(Saved entries)
'''
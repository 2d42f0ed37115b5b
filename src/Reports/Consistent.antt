-- ===== src/Reports/Consistent.antt =====
-- packages/domain/src/reports.ts: what `semanticIssues` without an issue establishes, and when it returns.
use interview_agent.Common.{
  ℕ, ◌+◌, ◌≤◌, ◌≡◌, refl, ap, ◌∙◌, subst, Bool, true, ◌==◌, ==→eq, ltb, not, Option, none, some,
  List, [], ◌∷◌, ◌++◌, map, any, length, count_if, All, Text, text_eq, ok, Result-cases, arith, inl,
  inr, get, if◌then◌else◌,
}
use interview_agent.Interview.{
  KnowledgeDomain, knowledge_domains, domain_eq, QuestionOutcome, scored, zero_score, outcome_score,
  parse_positive_question_score, is_supported_question_count,
}
use interview_agent.Scoring.{
  SelectedQuestionScore, DomainScoreResult, domain_score, aggregate_domain_scores,
  aggregate_complete_interview_score, rounded_average, create_zero_question_outcome,
}
use interview_agent.Scoring.Domains.{domain_of}
use interview_agent.Reports.{
  ReportSnapshot, ReportQuestionFeedback, Issue, at_domains, at_questions, at_overall_score,
  missing_domain, duplicate_domain, duplicate_position, non_contiguous_position,
  duplicate_question_id, inconsistent_domain_question_count, inconsistent_overall_score,
}
use interview_agent.Reports.Questions.{issue_if, feedback_outcome, question_issues}
use interview_agent.Reports.Snapshots.{
  count_or_zero, tally, domain_issues, question_loop, repeated, missing_positions, find_domain,
  compare_domains, is_assessed_result, complete_issues, score_issues, question_version_issues,
  counted_issues, semantic_issues,
}
use interview_agent.Reports.Counts.{
  none_of, issue_if-none, count-tally, repeated-tally, missing_positions-tally, number-IsEquality,
  text-IsEquality, domain-IsEquality,
}
use interview_agent.Reports.Feedback.{IsConsistentQuestion, question_issues-IsConsistentQuestion}
use interview_agent.Reports.Domains.{compare_domains-found}
use interview_agent.Reports.Versions.{versions_of, question_version_issues-none}

-- The score that a question counts with.
abbrev pub selected_of : ReportQuestionFeedback → SelectedQuestionScore
selected_of q = record { domain = q.domain; outcome = q.outcome }

-- The overall score is the rounded average of the questions, if they are as many as an interview can have,
-- and of the domains as many are assessed as such an interview covers.
abbrev pub IsOverallScore : ℕ → List SelectedQuestionScore → Type 0
IsOverallScore score selected =
    is_supported_question_count (length selected) ≡ true
    → (score ≡ rounded_average (map (λ q. outcome_score q.outcome) selected))
      × (count_if is_assessed_result (aggregate_domain_scores selected)
          ≡ (if length selected == 5 then 5 else 6))

-- The report agrees with itself.
pub record IsConsistent (s : ReportSnapshot) : Type 0 where
  pub domains_once :
      All (λ d. count_if (λ k. domain_eq k d) (map domain_of s.domains) ≡ 1) knowledge_domains
  pub feedback : All IsConsistentQuestion s.questions
  pub positions :
      (n : ℕ)
      → 1 ≤ n
      → n ≤ length s.questions
      → count_if (λ p. p == n) (map (λ q. q.position) s.questions) ≡ 1
  pub identifiers : (id : Text) → count_if (λ q. text_eq q.question_id id) s.questions ≤ 1
  pub results :
      All
        (λ d. find_domain s.domains d ≡ some (domain_score (map selected_of s.questions) d))
        knowledge_domains
  pub overall :
      (score : ℕ)
      → s.overall_score ≡ some score
      → IsOverallScore score (map selected_of s.questions)
  pub versions :
      All (λ q. versions_of s.question_versions q.question_id ≡ q.question_version ∷ []) s.questions
  pub known :
      (id : Text)
      → any (λ v. text_eq v.question_id id) s.question_versions ≡ true
      → any (λ q. text_eq q.question_id id) s.questions ≡ true

domain_issues-none :
    (ks ds : List KnowledgeDomain)
    → domain_issues (tally domain_eq [] ks) ds ≡ []
    → All (λ d. count_if (λ k. domain_eq k d) ks ≡ 1) ds
unfolding domain_issues get
domain_issues-none ks [] h = tt
domain_issues-none ks (d ∷ ds) h =
    let count = count_or_zero (get domain_eq (tally domain_eq [] ks) d) in
    let missing = issue_if (count == 0) at_domains missing_domain in
    let duplicate = issue_if (ltb 1 count) at_domains duplicate_domain in
    let (front, later) =
      none_of (missing ++ duplicate) (domain_issues (tally domain_eq [] ks) ds) h in
    let (none_missing, none_duplicate) = none_of missing duplicate front in
    let total = count-tally domain_eq domain-IsEquality [] ks d in
    (
      ground (
        arith,
        total,
        issue_if-none (count == 0) at_domains missing_domain none_missing,
        issue_if-none (ltb 1 count) at_domains duplicate_domain none_duplicate,
      ),
      domain_issues-none ks ds later,
    )

feedback_outcome_same :
    (o : QuestionOutcome) {o' : QuestionOutcome} → feedback_outcome o ≡ ok o' → o' ≡ o
unfolding feedback_outcome parse_positive_question_score create_zero_question_outcome
feedback_outcome_same (scored score) h = ground arith
feedback_outcome_same (zero_score reason) h = ground arith

question_loop_sound :
    (n : ℕ) (qs : List ReportQuestionFeedback) {r : List Issue × List SelectedQuestionScore}
    → question_loop n qs ≡ ok r
    → (r.1 ≡ map selected_of qs) × (r.0 ≡ [] → All IsConsistentQuestion qs)
unfolding question_loop
question_loop_sound n [] h = (ground arith, λ e. tt)
question_loop_sound n (q ∷ qs) {r} h = elim (Result-cases (feedback_outcome q.outcome)) [
  | inr (x, bad) ↦ absurd (ground arith)
  | inl (o, good) ↦ elim (Result-cases (question_loop (n + 1) qs)) [
    | inr (x, bad) ↦ absurd (ground arith)
    | inl (later, e) ↦
        let (same, sound) = question_loop_sound (n + 1) qs {r = later} e in
        (
          ground (arith, same, feedback_outcome_same q.outcome good),
          λ empty.
              let (here, rest) = none_of (question_issues q n) later.0 (ground arith) in
              (question_issues-IsConsistentQuestion q n here, sound rest),
        )
  ]
]

complete_issues_sound :
    (score : ℕ) (selected : List SelectedQuestionScore)
    → complete_issues score selected ≡ ok []
    → (score ≡ rounded_average (map (λ q. outcome_score q.outcome) selected))
      × (count_if is_assessed_result (aggregate_domain_scores selected)
          ≡ (if length selected == 5 then 5 else 6))
unfolding complete_issues aggregate_complete_interview_score
complete_issues_sound score selected h =
    let assessed_count = count_if is_assessed_result (aggregate_domain_scores selected) in
    let average = rounded_average (map (λ q. outcome_score q.outcome) selected) in
    let counts =
      issue_if (not (assessed_count == (if length selected == 5 then 5 else 6))) at_domains
        inconsistent_domain_question_count in
    let overall = issue_if (not (score == average)) at_overall_score inconsistent_overall_score in
    let (none_counts, none_overall) = none_of counts overall (ground arith) in
    (
      ==→eq _ _ (
          ground (
            arith,
            issue_if-none (not (score == average)) at_overall_score inconsistent_overall_score
                none_overall,
          )),
      ==→eq _ _ (
          ground (
            arith,
            issue_if-none (not (assessed_count == (if length selected == 5 then 5 else 6)))
                at_domains inconsistent_domain_question_count none_counts,
          )),
    )

score_issues_sound :
    (overall : Option ℕ) (selected : List SelectedQuestionScore)
    → score_issues overall selected ≡ ok []
    → (score : ℕ) → overall ≡ some score
    → IsOverallScore score selected
unfolding score_issues
score_issues_sound none selected h score e supported = absurd (ground arith)
score_issues_sound (some overall) selected h score e supported =
    complete_issues_sound score selected (ground arith)

count_if-map {ℓ κ} :
    {A : Type ℓ} {B : Type κ} (p : B → Bool) (f : A → B) (xs : List A)
    → count_if p (map f xs) ≡ count_if (λ x. p (f x)) xs
unfolding count_if
count_if-map p f [] = refl
count_if-map p f (x ∷ xs) = ground (arith, count_if-map p f xs)

-- What the positions and identifiers of the questions are like.
counted_issues_sound :
    (qs : List ReportQuestionFeedback)
    → counted_issues qs ≡ []
    → ((n : ℕ) → 1 ≤ n → n ≤ length qs → count_if (λ p. p == n) (map (λ q. q.position) qs) ≡ 1)
      × ((id : Text) → count_if (λ q. text_eq q.question_id id) qs ≤ 1)
unfolding counted_issues
counted_issues_sound qs h =
    let positions = map (λ q. q.position) qs in
    let identifiers = map (λ q. q.question_id) qs in
    let counts = tally ◌==◌ [] positions in
    let gaps = ltb 0 (length (missing_positions counts (length qs) 1)) in
    let again = repeated duplicate_position counts in
    let gap = issue_if gaps at_questions non_contiguous_position in
    let (front, none_same) =
      none_of (again ++ gap) (repeated duplicate_question_id (tally text_eq [] identifiers)) h in
    let (none_again, none_gap) = none_of again gap front in
    (
      λ n low high.
          let most =
            repeated-tally ◌==◌ number-IsEquality duplicate_position positions n none_again in
          let least =
            missing_positions-tally positions (length qs) n
              (issue_if-none gaps at_questions non_contiguous_position none_gap) low high in
          omega (arith, most, least),
      λ id.
          let most =
            repeated-tally text_eq text-IsEquality duplicate_question_id identifiers id none_same in
          ground (arith, most, count_if-map (λ j. text_eq j id) (λ q. q.question_id) qs),
    )

domain_score-domain_of :
    (selected : List SelectedQuestionScore) (d : KnowledgeDomain)
    → domain_of (domain_score selected d) ≡ d
unfolding domain_score
domain_score-domain_of selected d = ground arith

All-domain_of :
    (supplied : List DomainScoreResult) (selected : List SelectedQuestionScore)
    (ds : List KnowledgeDomain)
    → All (λ e. find_domain supplied (domain_of e) ≡ some e) (map (domain_score selected) ds)
    → All (λ d. find_domain supplied d ≡ some (domain_score selected d)) ds
All-domain_of supplied selected [] all = tt
All-domain_of supplied selected (d ∷ ds) (here, all) = (
  subst (λ k. find_domain supplied k ≡ some (domain_score selected d))
      (domain_score-domain_of selected d) here,
  All-domain_of supplied selected ds all,
)

-- A report in which `semanticIssues` finds no issue has one result for each domain, the one that its
-- questions give; its questions stand at the positions from 1 on, one at each, under different
-- identifiers; the points awarded for a question are for different rubric items and add up to its
-- score; all evidence is listed with the question, and a question snapshot among it is the question's
-- own; a complete report of 5, 10 or 15 questions has the rounded average as its overall score; and the
-- listed versions name each question once, with its version, and nothing else.
pub semantic_issues-IsConsistent : (s : ReportSnapshot) → semantic_issues s ≡ ok [] → IsConsistent s
unfolding semantic_issues aggregate_domain_scores
semantic_issues-IsConsistent s h = elim (Result-cases (question_loop 0 s.questions)) [
  | inr (x, bad) ↦ absurd (ground arith)
  | inl (feedback, good) ↦ elim (Result-cases (score_issues s.overall_score feedback.1)) [
    | inr (x, bad) ↦ absurd (ground arith)
    | inl (scores, scored_well) ↦
        let domains =
          domain_issues (tally domain_eq [] (map domain_of s.domains)) knowledge_domains in
        let counted = counted_issues s.questions in
        let compared = compare_domains s.domains (aggregate_domain_scores feedback.1) in
        let versions = question_version_issues s in
        let (h4, none_versions) =
          none_of (domains ++ feedback.0 ++ counted ++ compared ++ scores) versions
            (ground arith) in
        let (h3, none_scores) = none_of (domains ++ feedback.0 ++ counted ++ compared) scores h4 in
        let (h2, none_compared) = none_of (domains ++ feedback.0 ++ counted) compared h3 in
        let (h1, none_counted) = none_of (domains ++ feedback.0) counted h2 in
        let (none_domains, none_feedback) = none_of domains feedback.0 h1 in
        let (same, sound) = question_loop_sound 0 s.questions {r = feedback} good in
        let (positions, identifiers) = counted_issues_sound s.questions none_counted in
        let (exact, known) = question_version_issues-none s identifiers none_versions in
        record {
          domains_once =
              domain_issues-none (map domain_of s.domains) knowledge_domains none_domains;
          feedback = sound none_feedback;
          positions = positions;
          identifiers = identifiers;
          results = All-domain_of s.domains (map selected_of s.questions) knowledge_domains (
              compare_domains-found s.domains
                (aggregate_domain_scores (map selected_of s.questions))
                (subst (λ z. compare_domains s.domains (aggregate_domain_scores z) ≡ []) same
                  none_compared));
          overall = score_issues_sound s.overall_score (map selected_of s.questions) (
              subst (λ z. score_issues s.overall_score z ≡ ok []) same
                (scored_well ∙ ap ok none_scores));
          versions = exact;
          known = known;
        }
  ]
]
'''
_Assignment_
Whenever a line of the data above includes the word "IsConsistentQuestion", copy that line.

_Answer to this problem_
use interview_agent.Reports.Feedback.{IsConsistentQuestion, question_issues-IsConsistentQuestion}
  pub feedback : All IsConsistentQuestion s.questions
    → (r.1 ≡ map selected_of qs) × (r.0 ≡ [] → All IsConsistentQuestion qs)
              (question_issues-IsConsistentQuestion q n here, sound rest),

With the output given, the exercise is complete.